Überall wird davon gesprochen, dass jeder, der einen Job mit einem vernünftigen Gehalt hat, sich glücklich schätzen kann. Und doch denkt nicht jeder mit Freude an die Arbeit, sondern es überwiegt der Frust. Die schlechte Laune überträgt sich aus dem Arbeits- ins Privatleben und verstärkt die allgemeine Unzufriedenheit. Ehe man sich versieht, steckt man in einer Abwärtsspirale, aus der es anscheinend nur einen Ausweg gibt: die Kündigung. Aber woran erkennt man, dass es sich nicht nur um eine überwindbare Tiefphase handelt? Wann ist eine Kündigung der bessere Weg? Die folgenden 7 Fragen sollen Ihnen helfen zu erkennen, wann es wirklich an der Zeit ist, etwas zu ändern.

  • Ist es wirklich die Arbeit, die mich unzufrieden macht?
    Manchmal ist es nicht einfach herauszufinden, was für die Unzufriedenheit im Leben sorgt. Vielleicht liegen die Zweifel in einem anderen Bereich und werden nur auf die Arbeit projiziert? Oder vielleicht ist es nur eine Kleinigkeit, die für Frust sorgt, aber eigentlich geändert werden könnte? Wer nachdenkt und tief in sich hinein fühlt, stößt schnell an den Kern des Problems und ist dann handlungsfähig.
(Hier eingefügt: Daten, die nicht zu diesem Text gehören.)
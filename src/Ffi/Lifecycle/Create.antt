-- ===== src/Ffi/Lifecycle/Create.antt =====
-- ffi.rs: when `rscore_session_create` makes a session, and which one.
use research_ssh_next.Prelude.{
  Text, Bytes, Bool, true, false, ◌&&◌, ◌≡◌, refl, ◌⊎◌, inl, inr, Option, none, some, Option-cases,
  if◌then◌else◌,
}
use mathlib.Core.Option
use research_ssh_next.Core.{RsErrorCode}
use research_ssh_next.Provider.{ConnectionConfig}
use research_ssh_next.Ffi.Events.{new_emitter}
use research_ssh_next.Ffi.Calls.{good, bad, cstr_to_string}
use research_ssh_next.Ffi.Lifecycle.{RsSessionConfig, Created, spawn, create_with, session_create}

-- The parameters with the two texts decoded.
abbrev pub with_texts : RsSessionConfig → Option Text → Option Text → Option ConnectionConfig
with_texts config (some host) (some username) =
    some (record { host = host; port = config.port; username = username; kind = config.provider })
with_texts config (some host) none = none
with_texts config none username = none

-- A session and the code `Ok`, or null and another code.
abbrev pub IsOutcome : Option ConnectionConfig → Created → Type 0
IsOutcome (some c) r = r ≡ (some (spawn c new_emitter), RsErrorCode.ok)
IsOutcome none r =
    (r.0 ≡ none) × ((r.1 ≡ RsErrorCode.null_argument) ⊎ (r.1 ≡ RsErrorCode.invalid_utf8))

module _ (from_utf8 : Bytes → Option Text) where
  abbrev pub text_at : Option Bytes → Option Text
  text_at p = Option.bind p from_utf8

  -- The connection that the arguments describe, in whatever order they are looked at.
  abbrev pub described : Bool → Option RsSessionConfig → Bool → Option ConnectionConfig
  described core config cb =
      if core && cb
      then Option.bind config (λ c. with_texts c (text_at c.host) (text_at c.username))
      else none

  decode-cases :
      (p : Option Bytes)
      → ((s : Text) × (cstr_to_string from_utf8 p ≡ good s) × (text_at p ≡ some s))
        ⊎ ((code : RsErrorCode) × (cstr_to_string from_utf8 p ≡ bad code)
            × (text_at p ≡ none)
            × ((code ≡ RsErrorCode.null_argument) ⊎ (code ≡ RsErrorCode.invalid_utf8)))
  unfolding cstr_to_string Option.bind
  decode-cases none = inr (RsErrorCode.null_argument, refl, refl, inl refl)
  decode-cases (some bytes) = elim (Option-cases (from_utf8 bytes)) [
    | inl e ↦ inr (RsErrorCode.invalid_utf8, rw (cstr_to_string, e) refl, rw e refl, inr refl)
    | inr (s, e) ↦ inl (s, rw (cstr_to_string, e) refl, rw e refl)
  ]

  create_with-IsOutcome :
      (config : RsSessionConfig)
      → IsOutcome
          (with_texts config (text_at config.host) (text_at config.username))
          (create_with from_utf8 config)
  unfolding create_with
  create_with-IsOutcome config = elim (decode-cases config.host) [
    | inr (code, e, t, c) ↦ rw (create_with, e, t) (refl, c)
    | inl (host, e, t) ↦ elim (decode-cases config.username) [
      | inr (code, f, u, c) ↦ rw (create_with, e, t, f, u) (refl, c)
      | inl (username, f, u) ↦ rw (create_with, e, t, f, u) refl
    ]
  ]

  -- A session is made, with the code `Ok`, exactly where the core, the parameters and the callback
  -- are given and both texts can be read, and it is for what they say; otherwise the pointer is null
  -- and the code says that an argument was null or not UTF-8.
  pub session_create_lem :
      (core : Bool) (config : Option RsSessionConfig) (cb : Bool)
      → IsOutcome (described core config cb) (session_create from_utf8 core config cb)
  unfolding session_create Option.bind
  session_create_lem false config cb = (refl, inl refl)
  session_create_lem true none true = (refl, inl refl)
  session_create_lem true none false = (refl, inl refl)
  session_create_lem true (some config) false = (refl, inl refl)
  session_create_lem true (some config) true = create_with-IsOutcome config
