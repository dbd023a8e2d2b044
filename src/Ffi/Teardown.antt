-- ===== src/Ffi/Teardown.antt =====
-- ffi.rs: the gate of the emitters, and the table of messages.
use research_ssh_next.Prelude.{Text, List, [], ◌∷◌, some, ◌≡◌, refl, codes}
use research_ssh_next.Core.{RsErrorCode, message_of}
use research_ssh_next.Event.{SessionEvent, ExecResult}
use research_ssh_next.Fs.{FileResult}
use research_ssh_next.Ffi.Events.{RsEvent, Emitter, deactivate, call_back, emit_batch}
use research_ssh_next.Ffi.Events.Delivery.{c_events_lem}
use research_ssh_next.Ffi.Files.{RsFsResult, emit_file_results}
use research_ssh_next.Ffi.Files.Delivery
use research_ssh_next.Ffi.Tasks.{RsExecResult, emit_task_results}
use research_ssh_next.Ffi.Tasks.Delivery as Tasks

unfoldable pub rscore_error_message : RsErrorCode → Text
rscore_error_message RsErrorCode.ok = codes "ok"
rscore_error_message RsErrorCode.null_argument = codes "a required pointer argument was null"
rscore_error_message RsErrorCode.invalid_utf8 = codes "argument was not valid UTF-8"
rscore_error_message RsErrorCode.invalid_state = codes "operation invalid in current session state"
rscore_error_message RsErrorCode.provider_unavailable =
    codes "requested provider or capability is unavailable"
rscore_error_message RsErrorCode.connect_failed = codes "failed to establish the connection"
rscore_error_message RsErrorCode.not_connected = codes "session is not connected"
rscore_error_message RsErrorCode.cancelled = codes "operation was cancelled"
rscore_error_message RsErrorCode.runtime_error = codes "async runtime error"
rscore_error_message RsErrorCode.panic = codes "a panic was caught at the FFI boundary"
rscore_error_message RsErrorCode.internal = codes "internal error"

-- The C ABI gives each error code the message that the core gives it.
pub rscore_error_message_lem : (code : RsErrorCode) → rscore_error_message code ≡ message_of code
unfolding rscore_error_message message_of
rscore_error_message_lem RsErrorCode.ok = refl
rscore_error_message_lem RsErrorCode.null_argument = refl
rscore_error_message_lem RsErrorCode.invalid_utf8 = refl
rscore_error_message_lem RsErrorCode.invalid_state = refl
rscore_error_message_lem RsErrorCode.provider_unavailable = refl
rscore_error_message_lem RsErrorCode.connect_failed = refl
rscore_error_message_lem RsErrorCode.not_connected = refl
rscore_error_message_lem RsErrorCode.cancelled = refl
rscore_error_message_lem RsErrorCode.runtime_error = refl
rscore_error_message_lem RsErrorCode.panic = refl
rscore_error_message_lem RsErrorCode.internal = refl

events_silent :
    (es : List SessionEvent) (em : Emitter RsEvent)
    → emit_batch es (deactivate em) ≡ some (deactivate em)
unfolding emit_batch call_back deactivate
events_silent [] em = refl
events_silent (e ∷ es) em = rw (c_events_lem (e ∷ es)) refl

files_silent :
    (rs : List FileResult) (em : Emitter RsFsResult)
    → emit_file_results rs (deactivate em) ≡ some (deactivate em)
unfolding emit_file_results call_back deactivate
files_silent [] em = refl
files_silent (r ∷ rs) em = rw (Delivery.c_results_lem (r ∷ rs)) refl

tasks_silent :
    (rs : List ExecResult) (em : Emitter RsExecResult)
    → emit_task_results rs (deactivate em) ≡ some (deactivate em)
unfolding emit_task_results call_back deactivate
tasks_silent [] em = refl
tasks_silent (r ∷ rs) em = rw (Tasks.c_results_lem (r ∷ rs)) refl

-- After its deactivation, none of the three emitters calls its callback again, whatever it is given,
-- and none of them panics.
pub emit-deactivate :
    (es : List SessionEvent) (fs : List FileResult) (ts : List ExecResult)
    (events : Emitter RsEvent) (files : Emitter RsFsResult) (tasks : Emitter RsExecResult)
    → (emit_batch es (deactivate events) ≡ some (deactivate events))
      × (emit_file_results fs (deactivate files) ≡ some (deactivate files))
      × (emit_task_results ts (deactivate tasks) ≡ some (deactivate tasks))
emit-deactivate es fs ts events files tasks =
    (events_silent es events, files_silent fs files, tasks_silent ts tasks)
  • Passt der Job zu mir und meinem Leben?
    Wir haben eine bestimmte Vorstellung davon, wie wir leben möchten. Einige benötigen Sicherheit in Form eines festen Gehalts, definierten Aufgabenbereichen und festen Arbeitszeiten. Andere sehnen sich nach Freiheit, möchten mal im Homeoffice arbeiten oder vielleicht sogar auf Reisen gehen und dabei weiter arbeiten. Passt der Job nicht zum gewünschten Lebensstil, drängt sich die Frage auf: Möchte ich das weiter hinnehmen?
  • Die Sinnfrage
    Auch wenn ein festes Gehalt eine feine Sache ist, macht Geld allein uns Menschen nicht zufrieden. Die meisten von uns möchten nicht nur irgendetwas tun um Geld aufs eigene Konto zu spülen, sondern auch einen Sinn in ihrer Arbeit sehen. Die einen erfüllt es anderen Menschen zu helfen, die anderen gehen darin auf die Unternehmensziele umsetzen und wieder andere freuen sich, wenn sie Teil eines funktionierenden Teams sind. Fragt man sich jedoch bei der Arbeit immer wieder, warum man das eigentlich tut, ist das selten ein gutes Zeichen.
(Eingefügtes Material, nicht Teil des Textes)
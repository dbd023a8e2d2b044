-- ===== src/Ffi/Lifecycle/Destroy.antt =====
-- ffi.rs: what the destruction of a session leaves behind.
use research_ssh_next.Prelude.{◌≡◌, refl, List, [], Option, none, some}
use mathlib.Core.Option
use research_ssh_next.Event.{SessionEvent, ExecResult}
use research_ssh_next.Fs.{FileResult}
use research_ssh_next.Session.Driver.{Command}
use research_ssh_next.Session.Handle.{send_cmd}
use research_ssh_next.Ffi.Events.{RsEvent, Emitter, new_emitter, deactivate, emit_batch}
use research_ssh_next.Ffi.Files.{RsFsResult, emit_file_results}
use research_ssh_next.Ffi.Tasks.{RsExecResult, emit_task_results}
use research_ssh_next.Ffi.Teardown.{emit-deactivate}
use research_ssh_next.Ffi.Lifecycle.{
  RsSession, Sinks, join_driver, shutdown_and_join, session_destroy,
}

-- A slot whose emitter never calls back, whatever it is given, and never panics.
abbrev pub IsMute :
    {E R : Type 0} → (List R → Emitter E → Option (Emitter E)) → Option (Emitter E) → Type 0
IsMute emit none = Unit {0}
IsMute {R = R} emit (some em) = (rs : List R) → emit rs em ≡ some em

-- So are all three.
abbrev pub IsSilent : Sinks → Type 0
IsSilent sinks =
    ((es : List SessionEvent) → emit_batch es sinks.emitter ≡ some sinks.emitter)
    × IsMute emit_file_results sinks.file_emitter
    × IsMute emit_task_results sinks.task_emitter

deactivate-IsMute :
    {E R : Type 0} (emit : List R → Emitter E → Option (Emitter E))
    → ((rs : List R) (em : Emitter E) → emit rs (deactivate em) ≡ some (deactivate em))
    → (o : Option (Emitter E)) → IsMute emit (Option.map deactivate o)
deactivate-IsMute emit h none = tt
deactivate-IsMute emit h (some em) = λ rs. h rs em

events_mute :
    (es : List SessionEvent) (em : Emitter RsEvent)
    → emit_batch es (deactivate em) ≡ some (deactivate em)
events_mute es em = (emit-deactivate es [] [] em new_emitter new_emitter).0

files_mute :
    (rs : List FileResult) (em : Emitter RsFsResult)
    → emit_file_results rs (deactivate em) ≡ some (deactivate em)
files_mute rs em = (emit-deactivate [] rs [] new_emitter em new_emitter).1

tasks_mute :
    (rs : List ExecResult) (em : Emitter RsExecResult)
    → emit_task_results rs (deactivate em) ≡ some (deactivate em)
tasks_mute rs em = (emit-deactivate [] [] rs new_emitter new_emitter em).2

module _ (await : RsSession → RsSession) where
  silent : (s : RsSession) → IsSilent (shutdown_and_join await s).1
  unfolding shutdown_and_join
  silent s =
      let s1 = join_driver await (record s { session = (send_cmd Command.shutdown s.session).1 }) in
      (
        λ es. events_mute es s1.emitter,
        deactivate-IsMute emit_file_results files_mute s1.file_emitter,
        deactivate-IsMute emit_task_results tasks_mute s1.task_emitter,
      )

  -- Destroying a session leaves emitters that never call back again, whatever the driver did until it
  -- ended or the wait for it was over, and whatever it still does.
  pub session_destroy-IsSilent :
      (s : RsSession)
      → (sinks : Sinks) × (session_destroy await (some s) ≡ some sinks) × IsSilent sinks
  unfolding session_destroy
  session_destroy-IsSilent s = ((shutdown_and_join await s).1, refl, silent s)
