-- ===== src/Examples/Lifecycle.antt =====
-- The theorems on the life of a session, at one over the mock.
use research_ssh_next.Prelude.{
  Text, Bytes, true, ◌≡◌, refl, List, [], ◌∷◌, ◌++◌, Option, some, codes,
}
use research_ssh_next.Core.{RsErrorCode}
use research_ssh_next.Provider.{ConnectionConfig, RsProviderKind, ProviderEvent}
use research_ssh_next.MockFs.{MockFs, mock_file_provider}
use research_ssh_next.Mock.Provider.{MockProvider, mock_provider, new_mock}
use research_ssh_next.Session.Driver.{Driver, Input, Command, finishes, dropped, start}
use research_ssh_next.Session.Handlers.{run}
use research_ssh_next.Session.Shutdown.{IsStopOf, run_shutdown}
use research_ssh_next.Ffi.Events.{new_emitter}
use research_ssh_next.Ffi.Lifecycle.{
  RsSessionConfig, RsSession, Sinks, spawn, session_create, session_destroy,
}
use research_ssh_next.Ffi.Lifecycle.Create.{IsOutcome, described, session_create_lem}
use research_ssh_next.Ffi.Lifecycle.Destroy.{IsSilent, session_destroy-IsSilent}

-- The strings of these runs are ASCII.
abbrev ascii : Bytes → Text
ascii bytes = bytes

abbrev from_utf8 : Bytes → Option Text
from_utf8 bytes = some bytes

abbrev config : ConnectionConfig
config = record {
  host = codes "gpu";
  port = 22;
  username = codes "ada";
  kind = RsProviderKind.mock;
}

abbrev before : List Input
before = Input.command Command.connect finishes ∷ Input.drain ∷ []

abbrev later : List Input
later =
    Input.pushes (ProviderEvent.disconnected (codes "closed"))
    ∷ Input.drain
    ∷ Input.command Command.connect finishes
    ∷ []

abbrev first : Driver MockProvider MockFs
unfolding start
first = start (new_mock config)

run_shutdown_example :
    IsStopOf
      (mock_provider ascii)
      mock_file_provider
      (run (mock_provider ascii) mock_file_provider before first)
      (run
        (mock_provider ascii)
        mock_file_provider
        (before ++ Input.command Command.shutdown dropped ∷ later)
        first)
run_shutdown_example =
    run_shutdown (mock_provider ascii) mock_file_provider before dropped later first

abbrev c_config : RsSessionConfig
c_config = record {
  host = some (codes "gpu");
  port = 22;
  username = some (codes "ada");
  provider = RsProviderKind.mock;
}

session_create_lem_example :
    IsOutcome
      (described from_utf8 true (some c_config) true)
      (session_create from_utf8 true (some c_config) true)
session_create_lem_example = session_create_lem from_utf8 true (some c_config) true

created :
    session_create from_utf8 true (some c_config) true
    ≡ (some (spawn config new_emitter), RsErrorCode.ok)
unfolding session_create
created = refl

-- While the driver is awaited, it emits two batches.
abbrev awaited : RsSession → RsSession
awaited s = record s { emitter = record s.emitter { calls = s.emitter.calls ++ [] ∷ [] ∷ [] } }

abbrev new_session : RsSession
unfolding spawn
new_session = spawn config new_emitter

session_destroy-IsSilent_example :
    (sinks : Sinks) × (session_destroy awaited (some new_session) ≡ some sinks) × IsSilent sinks
session_destroy-IsSilent_example = session_destroy-IsSilent awaited new_session
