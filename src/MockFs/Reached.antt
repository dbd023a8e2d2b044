-- ===== src/MockFs/Reached.antt =====
-- providers/mock.rs: the filesystems that file requests make of the seeded one.
use research_ssh_next.Prelude.{
  ℕ, Text, Bool, true, not, ◌&&◌, ◌≡◌, refl, ◌↔◌, ◌⊎◌, inl, inr, List, [], ◌∷◌, some, Option-cases,
  Bool-cases, text_eq, starts_with, lookup, contains, Unique, Unique-erase, Unique-insert,
  Unique-retain, Unique-erase_all, Unique-insert_all, arith,
}
use research_ssh_next.Fs.{FsOp, FileEntry, FilePayload}
use research_ssh_next.Session.Driver.{perform, run_fs_op}
use research_ssh_next.MockFs.Ops.{
  MockFs, resolve, read_file, write_file, mkdir, rename, copy, remove, move_dirs, move_files,
  copy_dirs, copy_files, renamed_dir, renamed_file, dir_prefix,
}
use research_ssh_next.MockFs.Listing.{list_dir, stat, children}
use research_ssh_next.MockFs.Provider.{seeded, mock_file_provider}
use research_ssh_next.MockFs.Contents.Children.{In, In-children, IsChildDir, IsChildFile}

-- One entry for each directory, and one for each file.
abbrev pub IsMap : MockFs → Type 0
IsMap fs = Unique fs.dirs × Unique fs.files

-- The filesystem after a list of requests, whatever they answer.
unfoldable pub run_ops : List FsOp → MockFs → MockFs
unfolding perform
run_ops [] fs = fs
run_ops (op ∷ ops) fs = run_ops ops (perform mock_file_provider op fs).1

read_file-IsMap :
    (path : Text) (max_len : ℕ) (fs : MockFs) → IsMap fs → IsMap (read_file path max_len fs).1
unfolding read_file
read_file-IsMap path max_len fs u = ground (arith, u)

stat-IsMap : (path : Text) (fs : MockFs) → IsMap fs → IsMap (stat path fs).1
unfolding stat
stat-IsMap path fs u = ground (arith, u)

list_dir-IsMap : (path : Text) (fs : MockFs) → IsMap fs → IsMap (list_dir path fs).1
unfolding list_dir
list_dir-IsMap path fs u = ground (arith, u)

rename-IsMap : (from to : Text) (fs : MockFs) → IsMap fs → IsMap (rename from to fs).1
unfolding rename move_dirs move_files
rename-IsMap from to fs (d, f) = elim (Option-cases (lookup from fs.files)) [
  | inr (content, e) ↦ rw (e, rename) (d, Unique-insert to content _ (Unique-erase from fs.files f))
  | inl e ↦ elim (Bool-cases (contains from fs.dirs)) [
    | inl h ↦
        rw (e, h, rename)
          (
            Unique-insert_all (renamed_dir from to) _ _ (Unique-erase_all _ fs.dirs d),
            Unique-insert_all (renamed_file from to) _ _ (Unique-erase_all _ fs.files f),
          )
    | inr h ↦ rw (e, h, rename) (d, f)
  ]
]

copy-IsMap : (from to : Text) (fs : MockFs) → IsMap fs → IsMap (copy from to fs).1
unfolding copy copy_dirs copy_files
copy-IsMap from to fs (d, f) = elim (Option-cases (lookup from fs.files)) [
  | inr (content, e) ↦ rw (e, copy) (d, Unique-insert to content fs.files f)
  | inl e ↦ elim (Bool-cases (contains from fs.dirs)) [
    | inl h ↦
        rw (e, h, copy)
          (
            Unique-insert_all (renamed_dir from to) _ _ d,
            Unique-insert_all (renamed_file from to) _ _ f,
          )
    | inr h ↦ rw (e, h, copy) (d, f)
  ]
]

remove-IsMap :
    (path : Text) (recursive : Bool) (fs : MockFs) → IsMap fs → IsMap (remove path recursive fs).1
unfolding remove
remove-IsMap path recursive fs (d, f) =
    let file = Unique-erase path fs.files f in
    let dirs =
      Unique-retain (λ k. not (text_eq k path) && not (starts_with (dir_prefix path) k)) fs.dirs
        d in
    let files = Unique-retain (λ k. not (starts_with (dir_prefix path) k)) fs.files f in
    ground (arith, file, dirs, files, d, f)

perform-IsMap : (op : FsOp) (fs : MockFs) → IsMap fs → IsMap (perform mock_file_provider op fs).1
unfolding perform write_file mkdir
perform-IsMap (FsOp.list path) fs u = list_dir-IsMap path fs u
perform-IsMap (FsOp.stat path) fs u = stat-IsMap path fs u
perform-IsMap (FsOp.read path max_len) fs u = read_file-IsMap path max_len fs u
perform-IsMap (FsOp.write path bytes) fs (d, f) = (d, Unique-insert path bytes fs.files f)
perform-IsMap (FsOp.rename from to) fs u = rename-IsMap from to fs u
perform-IsMap (FsOp.remove path recursive) fs u = remove-IsMap path recursive fs u
perform-IsMap (FsOp.mkdir path) fs (d, f) = (Unique-insert path tt fs.dirs d, f)
perform-IsMap (FsOp.copy from to) fs u = copy-IsMap from to fs u

pub run_ops-IsMap : (ops : List FsOp) (fs : MockFs) → IsMap fs → IsMap (run_ops ops fs)
unfolding run_ops
run_ops-IsMap [] fs u = u
run_ops-IsMap (op ∷ ops) fs u =
    run_ops-IsMap ops (perform mock_file_provider op fs).1 (perform-IsMap op fs u)

seeded-IsMap : IsMap seeded
unfolding seeded contains lookup text_eq
seeded-IsMap = ((refl, (refl, (refl, tt))), (refl, (refl, (refl, (refl, (refl, (refl, tt)))))))

-- After any file requests, whatever they answered, a request for the listing of a directory that is
-- there answers with an entry for each directory and each file directly below it, and nothing else;
-- the filesystem has one entry for each directory and one for each file, and listing changes nothing.
pub run_ops-listing :
    (ops : List FsOp) (path : Text) (id : ℕ)
    → let fs = run_ops ops seeded in
      let dir = resolve path in
      contains dir fs.dirs ≡ true
      → (es : List FileEntry) × (run_fs_op mock_file_provider (some fs) id (FsOp.list path)
          ≡ (record { request_id = id; payload = FilePayload.listing es }, some fs))
        × IsMap fs
        × ((e : FileEntry)
            → In e es
              ↔ (IsChildDir (dir_prefix dir) fs.dirs e ⊎ IsChildFile (dir_prefix dir) fs.files e))
unfolding run_fs_op perform list_dir
run_ops-listing ops path id h =
    let fs = run_ops ops seeded in
    let dir = resolve path in
    let u = run_ops-IsMap ops seeded seeded-IsMap in
    (children dir fs, rw (h, run_fs_op, perform, list_dir) refl, u, λ e. In-children dir fs e u.1)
  • Wird mein persönlicher Einsatz geschätzt?
    Es gibt Menschen, die geben einfach immer ein bisschen mehr als gefordert wurde. Sie sind morgens die Ersten und löschen am Abend das Licht. Sie erreichen nicht nur definierte Ziele, sondern übertreffen sie. Und nebenbei sorgen sie noch für ein gutes Betriebsklima und sind immer für Kollegen da. Dafür erwarten sie nicht unbedingt eine Gehaltserhöhung, ein Danke genügt ihnen. Bleibt diese Wertschätzung aus, sinkt selbst beim motivierten Arbeitstier die Lust auf ein Minimum und Frust macht sich breit. Können diese Diskrepanzen auch durch Gespräche nicht ausgeräumt werden, kann ein Jobwechsel sinnvoll sein.
  • Respektiere ich meinen Chef?
    Die Arbeit kann noch so toll und die Kollegen wirklich nett sein - wenn der Respekt für den Chef fehlt, hat auch alles andere einen faden Beigeschmack. Der Führungsstil hat einen großen Einfluss auf die Arbeit. Kann man diesen weder akzeptieren noch respektieren, ist der Gedanke an eine Kündigung ratsam.
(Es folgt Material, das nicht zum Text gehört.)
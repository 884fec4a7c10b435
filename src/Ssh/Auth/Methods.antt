-- ===== src/Ssh/Auth/Methods.antt =====
-- internal/ssh/auth.go: which methods a credential gives.
use mathlib.Core.Path.{subst}
use port_forwarder.Base.{
  ◌≡◌, ◌≢◌, sym, ◌∙◌, Bool, true, false, ◌&&◌, not, Option, none, some, List, [], ◌∷◌, ◌++◌, ◌==◌,
  arith, if◌then◌else◌, All, Bool-cases, inl, inr,
}
use port_forwarder.Base.Text.{Text, text_eq}
use port_forwarder.Ssh.Credentials.{Credential}
use port_forwarder.Ssh.Auth.{
  System, Method, password, Result, ok, failed, is_empty, auth_password, auth_key, as_keys,
  or_passphrase, key_read, key_auth, agent_auth, agent_methods, with_key, unknown_type,
  some_methods, key_methods, password_methods, credential_auth,
}

abbrev pub IsKeyed : {Signer : Type 0} → Method Signer → Type 0
IsKeyed (password p) = ⊥
IsKeyed _ = Unit

abbrev KeyedResult : {Signer : Type 0} → Result (Method Signer) → Type 0
KeyedResult (ok m) = IsKeyed m
KeyedResult (failed x) = Unit

abbrev AllKeyed : {Signer : Type 0} → Result (List (Method Signer)) → Type 0
AllKeyed (ok ms) = All IsKeyed ms × (ms ≢ [])
AllKeyed (failed x) = Unit

if-elim : {A : Type 0} (P : A → Type 0) (b : Bool) {x y : A} → P x → P y → P (if b then x else y)
if-elim P true p q = p
if-elim P false p q = q

cons-ne-nil : {A : Type 0} (m : A) (ms : List A) → m ∷ ms ≢ []
cons-ne-nil m ms e = cc

append-ne-nil : {A : Type 0} (ms : List A) (m : A) → ms ++ (m ∷ []) ≢ []
append-ne-nil [] m = cons-ne-nil m []
append-ne-nil (k ∷ ms) m = cons-ne-nil k (ms ++ (m ∷ []))

module _ {Signer : Type 0} (sys : System Signer) where
  as_keys-Keyed : (path : Text) (o : Option Signer) → KeyedResult (as_keys path o)
  as_keys-Keyed path none = tt
  as_keys-Keyed path (some signer) = tt

  or_passphrase-Keyed :
      (path passphrase content : Text) (o : Option Signer)
      → KeyedResult (or_passphrase sys path passphrase content o)
  or_passphrase-Keyed path passphrase content (some signer) = tt
  or_passphrase-Keyed path passphrase content none =
      if-elim KeyedResult (is_empty passphrase) tt
        (as_keys-Keyed path (sys.parse_key_with content passphrase))

  key_read-Keyed :
      (path passphrase : Text) (o : Option Text) → KeyedResult (key_read sys path passphrase o)
  key_read-Keyed path passphrase none = tt
  key_read-Keyed path passphrase (some content) =
      or_passphrase-Keyed path passphrase content (sys.parse_key content)

  key_auth-Keyed : (path passphrase : Text) → KeyedResult (key_auth sys path passphrase)
  unfolding key_auth
  key_auth-Keyed path passphrase =
      if-elim KeyedResult (is_empty path) tt (key_read-Keyed path passphrase (sys.read_file path))

  agent_auth-Keyed : KeyedResult (agent_auth sys)
  unfolding agent_auth
  agent_auth-Keyed =
      if-elim KeyedResult (is_empty sys.auth_sock) tt
        (if-elim KeyedResult (sys.dial_agent sys.auth_sock) tt tt)

  agent_methods-All : (r : Result (Method Signer)) → KeyedResult r → All IsKeyed (agent_methods r)
  agent_methods-All (ok m) h = (h, tt)
  agent_methods-All (failed x) h = tt

  append-All :
      (ms : List (Method Signer)) (m : Method Signer)
      → All IsKeyed ms
      → IsKeyed m
      → All IsKeyed (ms ++ (m ∷ []))
  append-All [] m hs h = (h, tt)
  append-All (k ∷ ms) m hs h = (hs.0, append-All ms m hs.1 h)

  with_key-All :
      (ms : List (Method Signer)) (r : Result (Method Signer))
      → All IsKeyed ms
      → KeyedResult r
      → AllKeyed (with_key ms r)
  with_key-All ms (failed x) hs h = tt
  with_key-All ms (ok m) hs h = (append-All ms m hs h, append-ne-nil ms m)

  some_methods-All :
      (name : Text) (ms : List (Method Signer)) → All IsKeyed ms → AllKeyed (some_methods name ms)
  some_methods-All name [] hs = tt
  some_methods-All name (m ∷ ms) hs = (hs, cons-ne-nil m ms)

  key_methods-All :
      (c : Credential) (ms : List (Method Signer))
      → All IsKeyed ms
      → AllKeyed (key_methods sys c ms)
  key_methods-All c ms hs = if-elim AllKeyed (is_empty c.key_path) (some_methods-All c.name ms hs) (
      if-elim AllKeyed (not (is_empty c.auth_type) && not (c.auth_type == auth_key)) tt (
        with_key-All ms (key_auth sys c.key_path c.passphrase) hs
          (key_auth-Keyed c.key_path c.passphrase)))

-- What a credential may be used for.
pub record Authorised {Signer : Type 0} (c : Credential) (ms : List (Method Signer)) : Type 0 where
  pub any : ms ≢ []
  pub own : c.auth_type ≡ auth_password → ms ≡ password c.password ∷ []
  pub others : c.auth_type ≢ auth_password → All IsKeyed ms
  pub known :
      c.auth_type ≢ auth_password
      → c.auth_type ≢ auth_key
      → is_empty c.auth_type ≡ false
      → is_empty c.key_path ≡ true

module _ {Signer : Type 0} (sys : System Signer) (c : Credential) where
  password_only :
      (ms : List (Method Signer)) → password_methods c ≡ ok ms → ms ≡ password c.password ∷ []
  password_only ms e = elim (Bool-cases (is_empty c.password)) [
    | inl none_given ↦ absurd (grind (arith, rw none_given at e))
    | inr given ↦ grind (arith, rw given at e)
  ]

  password-Authorised :
      (ms : List (Method Signer))
      → c.auth_type ≡ auth_password
      → password_methods c ≡ ok ms
      → Authorised c ms
  password-Authorised ms is e = record {
    any = rw (password_only ms e) (cons-ne-nil (password c.password) []);
    own = λ h. password_only ms e;
    others = λ is_not. absurd (is_not is);
    known = λ is_not. absurd (is_not is);
  }

  -- An unknown type, with a path, is refused.
  unknown_refused :
      (ms : List (Method Signer))
      → c.auth_type ≢ auth_key
      → is_empty c.auth_type ≡ false
      → is_empty c.key_path ≡ false
      → key_methods sys c ms ≡ failed (unknown_type c.name c.auth_type)
  unknown_refused ms other given path = rw (path, given) (ground arith)

  key-Authorised :
      (ms : List (Method Signer))
      → c.auth_type ≢ auth_password
      → key_methods sys c (agent_methods (agent_auth sys)) ≡ ok ms
      → Authorised c ms
  key-Authorised ms is_not e =
      let (keyed, any) =
        subst AllKeyed e (
          key_methods-All sys c _
            (agent_methods-All sys (agent_auth sys) (agent_auth-Keyed sys))) in
      record {
        any = any;
        own = λ is. absurd (is_not is);
        others = λ h. keyed;
        known = λ h other given. elim (Bool-cases (is_empty c.key_path)) [
          | inl no_path ↦ no_path
          | inr path ↦ absurd (grind (arith, sym (unknown_refused _ other given path) ∙ e))
        ];
      }

  credential_auth-password :
      c.auth_type ≡ auth_password → credential_auth sys (some c) ≡ password_methods c
  unfolding credential_auth
  credential_auth-password is = ground arith

  credential_auth-key :
      c.auth_type ≢ auth_password
      → credential_auth sys (some c) ≡ key_methods sys c (agent_methods (agent_auth sys))
  unfolding credential_auth
  credential_auth-key is_not = ground arith

  -- The methods that a credential gives, when it gives any: there is at least one; a credential of
  -- type "password" gives its own password and nothing else; a credential of any other type gives no
  -- password; and one whose type is not known has no path of a key.
  pub credential_auth_lem :
      (ms : List (Method Signer)) → credential_auth sys (some c) ≡ ok ms → Authorised c ms
  credential_auth_lem ms e = elim (text_eq.dec c.auth_type auth_password) [
    | yes is ↦ password-Authorised ms is (sym (credential_auth-password is) ∙ e)
    | no is_not ↦ key-Authorised ms is_not (sym (credential_auth-key is_not) ∙ e)
  ]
  • Bringt mich die Arbeit weiter?
    Tagein, tagaus dieselben Aufgaben verrichten - das liegt nicht jedem. Viele Menschen sehnen sich nach Herausforderungen, möchten sich immer wieder neu beweisen und auch Neues lernen, um sich weiter zu entwickeln. Ist das im aktuellen Beruf nicht möglich und sind die Möglichkeiten der Karriere beschränkt, ist es vielleicht Zeit für etwas Neues.
  • Möchte ich das für den Rest meines Lebens tun?
    Eigentlich passt im Beruf alles. Aber da ist diese innere Unruhe, die Frage, ob es das schon gewesen sein soll. Was anfangs nur hin und wieder ein Ziehen im Bauch ist, kann sich zu großem Frust entwickeln. Wer sich nicht den Rest seines Lebens diese Frage immer wieder stellen möchte, sollte nach Alternativen suchen.

Die Antwort auf die Frage, ob eine Kündigung richtig ist, kann einem niemand abnehmen. Man kann sie sich jedoch selbst beantworten, indem man die Motivation dazu hinterfragt und ehrlich zu sich selbst ist.